Goal of the exercise: Count every line that includes the string "room" in the entries that follow. Nothing besides the number is needed.

Collected data entries:
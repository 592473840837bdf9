-- ===== src/Log/Last.antt =====
-- The last message: when the next one counts as its repeat, the count in its bytes, and its way into
-- the buffer.
use mathlib.Core.List.{append-nil}
use mathlib.Core.Path.{subst}
use capemon.Base.{
  ℕ, ◌+◌, ◌*◌, ◌/◌, ◌%◌, ◌^◌, ◌≤◌, ◌<◌, ◌≡◌, ◌∙◌, refl, ap, inl, inr, true, Option, none, some,
  List, [], ◌∷◌, ◌++◌, length, drop, length-append, arith, bytes_eq_refl, bytes_eq_sound,
  Bool-cases, ◌==◌, if◌then◌else◌,
}
use capemon.Utf8.Strings.{int_bytes}
use capemon.Log.{
  Stream, Settings, LastLog, Log, writes_to_file, send_log, log_raw_direct, write_lastlog,
  log_flush, ◌>>=◌,
}
use capemon.Log.Calls.{
  ApiCall, message_with, compare_offset, increment_at, is_repeat, count_repeat, flush_last,
}
use capemon.Log.Writing.{
  progress, text, Supplied, Logged, logged, Flushed, flushed, send_log_lem, log_raw_direct_lem,
}

drop-append : (xs ys : List ℕ) → drop (length xs) (xs ++ ys) ≡ ys
drop-append [] ys = refl
drop-append (x ∷ xs) ys = drop-append xs ys

drop_behind : (xs zs : List ℕ) (k : ℕ) → drop (length xs + 4) (xs ++ (int_bytes k ++ zs)) ≡ zs
unfolding int_bytes
drop_behind [] zs k = refl
drop_behind (x ∷ xs) zs k = ground (arith, drop_behind xs zs k)

-- The block of a message after `count` repeats.
unfoldable pub block : ApiCall → ℕ → LastLog
unfolding message_with compare_offset
block e count = record { buf = message_with count e; compare_offset = compare_offset e }

pub length-message_with :
    (count : ℕ) (e : ApiCall) → length (message_with count e) ≡ length (message_with 0 e)
unfolding message_with int_bytes
length-message_with count e = omega (
  arith,
  length-append e.head (int_bytes count ++ e.body),
  length-append e.head (int_bytes 0 ++ e.body),
)

-- The count is the low 32 bits of `k`.
increment_at_lem :
    (xs zs : List ℕ) (k : ℕ)
    → increment_at (length xs) (xs ++ (int_bytes k ++ zs)) ≡ some (xs ++ (int_bytes (k + 1) ++ zs))
unfolding increment_at int_bytes
increment_at_lem [] zs k =
    let n =
      (k % 256
        + k / 2 ^ 8 % 256 * 2 ^ 8
        + k / 2 ^ 16 % 256 * 2 ^ 16
        + k / 2 ^ 24 % 256 * 2 ^ 24
        + 1)
      % 2 ^ 32 in
    let e0 : n % 256 ≡ (k + 1) % 256 = omega arith in
    let e1 : n / 2 ^ 8 % 256 ≡ (k + 1) / 2 ^ 8 % 256 = omega arith in
    let e2 : n / 2 ^ 16 % 256 ≡ (k + 1) / 2 ^ 16 % 256 = omega arith in
    let e3 : n / 2 ^ 24 % 256 ≡ (k + 1) / 2 ^ 24 % 256 = omega arith in
    λ i. some (e0 i ∷ e1 i ∷ e2 i ∷ e3 i ∷ zs)
increment_at_lem (x ∷ xs) zs k = rw (increment_at_lem xs zs k) refl

-- The next message is a repeat of the last one exactly when the bodies are equal.
pub is_repeat-block : (m e : ApiCall) (k : ℕ) → m.body ≡ e.body → is_repeat (block m k) e ≡ true
unfolding is_repeat block message_with compare_offset
is_repeat-block m e k h =
    ground (arith, drop_behind m.head m.body k, drop_behind e.head e.body 0, bytes_eq_refl e.body)

pub is_repeat_sound : (m e : ApiCall) (k : ℕ) → is_repeat (block m k) e ≡ true → m.body ≡ e.body
unfolding is_repeat block message_with compare_offset
is_repeat_sound m e k h =
    ground (
      arith,
      drop_behind m.head m.body k,
      drop_behind e.head e.body 0,
      bytes_eq_sound m.body e.body,
    )

pub count_repeat-block :
    (m : ApiCall) (k : ℕ) (s : Log)
    → count_repeat (block m k) s ≡ some (record s { lastlog = some (block m (k + 1)) })
unfolding count_repeat block message_with compare_offset
count_repeat-block m k s = ground (arith, increment_at_lem m.head m.body k)

-- The held message goes into the buffer; the rest of the state is as it was.
pub data Emptied (size todo : ℕ) (all : List ℕ) (s : Log) : Option Log → Type 0 where
  emptied :
      (stream : Stream)
      → Supplied size todo stream
      → text stream ≡ all
      → Emptied size todo all s (some (record s { stream = stream; lastlog = none }))

module _ (c : Settings) (file : writes_to_file c ≡ true) (room : 0 < c.buffer_size)
    (allocated : c.allocated ≡ true) where
  write_lastlog-held :
      (s : Log) (l : LastLog)
      → s.lastlog ≡ some l
      → write_lastlog c s ≡ (
          log_raw_direct c s.stream l.buf >>= λ stream.
          some (record s { stream = stream; lastlog = none }))
  unfolding write_lastlog
  write_lastlog-held s l held = ground (arith)

  pub write_lastlog-Emptied :
      (todo : ℕ) (s : Log) (l : LastLog)
      → s.lastlog ≡ some l
      → length l.buf < 2 ^ 32
      → Supplied c.buffer_size (length l.buf + todo) s.stream
      → Emptied c.buffer_size todo (text s.stream ++ l.buf) s (write_lastlog c s)
  write_lastlog-Emptied todo s l held small h =
      rw (write_lastlog-held s l held)
        (go (log_raw_direct_lem c file room todo s.stream l.buf allocated small h))
    where
      go :
          {r : Option Stream}
          → Logged c.buffer_size todo (text s.stream ++ l.buf) r
          → Emptied c.buffer_size todo
              (text s.stream ++ l.buf)
              s
              (r >>= λ stream. some (record s { stream = stream; lastlog = none }))
      go (logged stream ready same) = emptied stream ready same

  -- The same with the buffer empty.
  pub data Cleared (todo : ℕ) (all : List ℕ) (s : Log) : Option Log → Type 0 where
    cleared :
        (stream : Stream)
        → stream.pending ≡ []
        → todo ≤ progress stream.writes
        → stream.sent ≡ all
        → Cleared todo all s (some (record s { stream = stream; lastlog = none }))

  pub log_flush-Cleared :
      (todo : ℕ) (s : Log) (l : LastLog)
      → s.lastlog ≡ some l
      → length l.buf < 2 ^ 32
      → Supplied c.buffer_size (length l.buf + todo) s.stream
      → Cleared todo (text s.stream ++ l.buf) s (log_flush c true s)
  unfolding log_flush
  log_flush-Cleared todo s l held small h = go (write_lastlog-Emptied todo s l held small h)
    where
      sent_on :
          {r : Option Stream} (all : List ℕ)
          → Flushed todo all r
          → Cleared todo all s (r >>= λ stream. some (record s { stream = stream; lastlog = none }))
      sent_on all (flushed stream empty supply same) = cleared stream empty supply same

      go :
          {r : Option Log}
          → Emptied c.buffer_size todo (text s.stream ++ l.buf) s r
          → Cleared todo (text s.stream ++ l.buf) s (
              r >>= λ s'.
              if c.allocated
              then (send_log c s'.stream >>= λ stream. some (record s' { stream = stream }))
              else some s')
      go (emptied stream ready same) = simp allocated (
          sent_on (text s.stream ++ l.buf) (
            subst (λ all. Flushed todo all (send_log c stream)) same
              (send_log_lem c file todo stream ready.supplied)))

  pub flush_last-Emptied :
      (todo : ℕ) (s : Log) (l : LastLog)
      → s.lastlog ≡ some l
      → length l.buf < 2 ^ 32
      → Supplied c.buffer_size (length l.buf + todo) s.stream
      → Emptied c.buffer_size todo (text s.stream ++ l.buf) s (flush_last c s)
  unfolding flush_last
  flush_last-Emptied todo s l held small h = elim (Bool-cases (c.force_flush == 1)) [
    | inl e ↦ simp e (go (log_flush-Cleared todo s l held small h))
    | inr e ↦ simp e (write_lastlog-Emptied todo s l held small h)
  ]
    where
      go :
          {r : Option Log}
          → Cleared todo (text s.stream ++ l.buf) s r
          → Emptied c.buffer_size todo (text s.stream ++ l.buf) s r
      go (cleared stream empty supply same) =
          emptied stream (record { bounded = ground (arith); supplied = ground (arith) })
            (ap (λ p. stream.sent ++ p) empty ∙ (append-nil stream.sent ∙ same))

Reply to the task: 2